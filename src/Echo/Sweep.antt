-- ===== src/Echo/Sweep.antt =====
-- What one round of the non-blocking server sends to whom.
use mathlib.Core.Path.{ap₂}
use network_ex.Common.{
  ℕ, zero, suc, ◌+◌, ◌-◌, ◌≤◌, ◌<◌, ◌≡◌, ◌≢◌, refl, ap, sym, ◌∙◌, ◌⊎◌, inl, inr, some, [], ◌∷◌,
  ◌++◌, length, drop, replicate, arith,
}
use network_ex.Common.Bytes.{Bytes, filled}
use network_ex.Common.Int.{pos}
use network_ex.Echo.NonBlocking.{
  max_line, FdArray, again, Incoming, got, write, Swept, read_into, sweep, Server, round,
}

sweep-other :
    (reads : ℕ → Incoming) (n i : ℕ) (buf : Bytes) (fds : FdArray)
    → fds i ≢ pos 1
    → sweep reads (suc n) i buf fds ≡ sweep reads n (i + 1) buf fds
unfolding sweep
sweep-other reads n i buf fds other = ground arith

-- The loop passes by what is no connection.
sweep-skip :
    (reads : ℕ → Incoming) (d n i : ℕ) (buf : Bytes) (fds : FdArray)
    → ((k : ℕ) → i ≤ k → k < i + d → fds k ≢ pos 1)
    → sweep reads (d + n) i buf fds ≡ sweep reads n (i + d) buf fds
sweep-skip reads zero n i buf fds none_open =
    ap₂ (λ m j. sweep reads m j buf fds) (omega arith) (omega arith)
sweep-skip reads (suc d) n i buf fds none_open =
    ap (λ m. sweep reads m i buf fds) (omega arith)
    ∙ sweep-other reads (d + n) i buf fds (none_open i (omega arith) (omega arith))
    ∙ sweep-skip reads d n (i + 1) buf fds (λ k low high. none_open k (omega arith) (omega arith))
    ∙ ap (λ j. sweep reads n j buf fds) (omega arith)

sweep-end :
    (reads : ℕ → Incoming) (n i : ℕ) (buf : Bytes) (fds : FdArray)
    → ((k : ℕ) → i ≤ k → fds k ≢ pos 1)
    → sweep reads n i buf fds ≡ record { fds = fds; outputs = [] }
unfolding sweep
sweep-end reads zero i buf fds none_open = refl
sweep-end reads (suc n) i buf fds none_open =
    sweep-other reads n i buf fds (none_open i (omega arith))
    ∙ sweep-end reads n (i + 1) buf fds (λ k low. none_open k (omega arith))

sweep-got :
    (reads : ℕ → Incoming) (n i b : ℕ) (bs buf : Bytes) (fds : FdArray) (after : Swept)
    → fds i ≡ pos 1
    → reads i ≡ got (b ∷ bs)
    → sweep reads n (i + 1) (read_into (b ∷ bs) buf) fds ≡ after
    → sweep reads (suc n) i buf fds
      ≡ record { fds = after.fds; outputs = write i (read_into (b ∷ bs) buf) ∷ after.outputs }
unfolding sweep
sweep-got reads n i b bs buf fds after one e rest = ground arith

drop-replicate : (m n : ℕ) → drop {A = ℕ} m (replicate n 0) ≡ replicate (n - m) 0
drop-replicate zero n = let e : n ≡ n - 0 = omega arith in ap (λ k. replicate {A = ℕ} k 0) e
drop-replicate (suc m) zero =
    let e : 0 ≡ 0 - suc m = omega arith in ap (λ k. replicate {A = ℕ} k 0) e
drop-replicate (suc m) (suc n) =
    let e : n - m ≡ suc n - suc m = omega arith in
    drop-replicate m n ∙ ap (λ k. replicate {A = ℕ} k 0) e

read_into-cleared : (bs : Bytes) → read_into bs (replicate max_line 0) ≡ filled max_line bs
read_into-cleared bs = ap (λ zs. bs ++ zs) (drop-replicate (length bs) max_line)

-- The part of a sweep from the first of two connections on.
sweep-two :
    (reads : ℕ → Incoming) (fds : FdArray) (i c n x y : ℕ) (xs ys buf : Bytes)
    → fds i ≡ pos 1
    → fds (suc i + c) ≡ pos 1
    → ((k : ℕ) → fds k ≡ pos 1 → (k ≡ i) ⊎ (k ≡ suc i + c))
    → reads i ≡ got (x ∷ xs)
    → reads (suc i + c) ≡ got (y ∷ ys)
    → sweep reads (suc (c + suc n)) i buf fds ≡ record {
      fds = fds;
      outputs =
          write i (read_into (x ∷ xs) buf)
          ∷ write (suc i + c) (read_into (y ∷ ys) (read_into (x ∷ xs) buf))
          ∷ [];
    }
sweep-two reads fds i c n x y xs ys buf one two only ri rj =
    let buf' : Bytes = read_into (x ∷ xs) buf in
    let j : ℕ = i + 1 + c in
    let place : suc i + c ≡ j = omega arith in
    let rest : Swept = record { fds = fds; outputs = write j (read_into (y ∷ ys) buf') ∷ [] } in
    let second : sweep reads (suc n) j buf' fds ≡ rest =
      sweep-got reads n j y ys buf' fds (record { fds = fds; outputs = [] })
        (ap fds (sym place) ∙ two) (ap reads (sym place) ∙ rj)
        (sweep-end reads n (j + 1) _ fds (λ k low h. elim (only k h) [
          | inl e ↦ absurd (omega arith)
          | inr e ↦ absurd (omega arith)
        ])) in
    let between : sweep reads (c + suc n) (i + 1) buf' fds ≡ rest =
      sweep-skip reads c (suc n) (i + 1) buf' fds (λ k low high h. elim (only k h) [
        | inl e ↦ absurd (omega arith)
        | inr e ↦ absurd (omega arith)
      ])
      ∙ second in
    rw place (sweep-got reads (c + suc n) i x xs buf fds rest one ri between)

-- In a round without a new connection, let only `a` and, behind it, `b` be connected, both below
-- the bound of the loop, and let both have sent a block. Then `a` gets its own block, filled up with
-- zeros to MAXLINE, and `b` gets its own block and behind it what the block of `a` left in the
-- buffer: a shorter block is answered with the end of the other client's block.
pub sweep_leaks :
    (s : Server) (reads : ℕ → Incoming) (a b x y : ℕ) (xs ys : Bytes)
    → a < b
    → b ≤ s.maxfd
    → s.client_fd_array a ≡ pos 1
    → s.client_fd_array b ≡ pos 1
    → ((k : ℕ) → s.client_fd_array k ≡ pos 1 → (k ≡ a) ⊎ (k ≡ b))
    → reads a ≡ got (x ∷ xs)
    → reads b ≡ got (y ∷ ys)
    → round s again reads
      ≡ some (record {
        server = s;
        outputs =
            write a (filled max_line (x ∷ xs))
            ∷ write b ((y ∷ ys) ++ drop (length (y ∷ ys)) (filled max_line (x ∷ xs)))
            ∷ [];
      })
unfolding round
sweep_leaks s reads a b x y xs ys less bound one two only ra rb =
    let fds : FdArray = s.client_fd_array in
    let zeros : Bytes = replicate max_line 0 in
    let c : ℕ = b - suc a in
    let n : ℕ = s.maxfd - b in
    let place : suc a + c ≡ b = omega arith in
    let answers = λ (j : ℕ) (buf : Bytes).
      write a buf ∷ write j ((y ∷ ys) ++ drop (length (y ∷ ys)) buf) ∷ [] in
    let start : sweep reads (s.maxfd + 1) 0 zeros fds ≡ sweep reads (suc (c + suc n)) a zeros fds =
      ap (λ m. sweep reads m 0 zeros fds) {y = a + suc (c + suc n)} (omega arith)
      ∙ sweep-skip reads a (suc (c + suc n)) 0 zeros fds (λ k low high h. elim (only k h) [
        | inl e ↦ absurd (omega arith)
        | inr e ↦ absurd (omega arith)
      ])
      ∙ ap (λ j. sweep reads (suc (c + suc n)) j zeros fds) (omega arith) in
    let two_answers : sweep reads (suc (c + suc n)) a zeros fds
        ≡ record { fds = fds; outputs = answers (suc a + c) (read_into (x ∷ xs) zeros) } =
      sweep-two reads fds a c n x y xs ys zeros one (ap fds place ∙ two)
        (λ k h. elim (only k h) [ inl e ↦ inl e | inr e ↦ inr (e ∙ sym place) ]) ra
        (ap reads place ∙ rb) in
    ap
      (λ (w : Swept).
        some (record { server = record s { client_fd_array = w.fds }; outputs = w.outputs }))
      (start ∙ two_answers)
    ∙ ap₂ (λ j buf. some (record { server = s; outputs = answers j buf })) place
        (read_into-cleared (x ∷ xs))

● **Task instructions**
In the listing above, start at the line with "(λ k h. elim", go on through the line with "server = record", and copy each of those lines exactly; leave out all the rest.

● **Exercise output**
        (λ k h. elim (only k h) [ inl e ↦ inl e | inr e ↦ inr (e ∙ sym place) ]) ra
        (ap reads place ∙ rb) in
    ap
      (λ (w : Swept).
        some (record { server = record s { client_fd_array = w.fds }; outputs = w.outputs }))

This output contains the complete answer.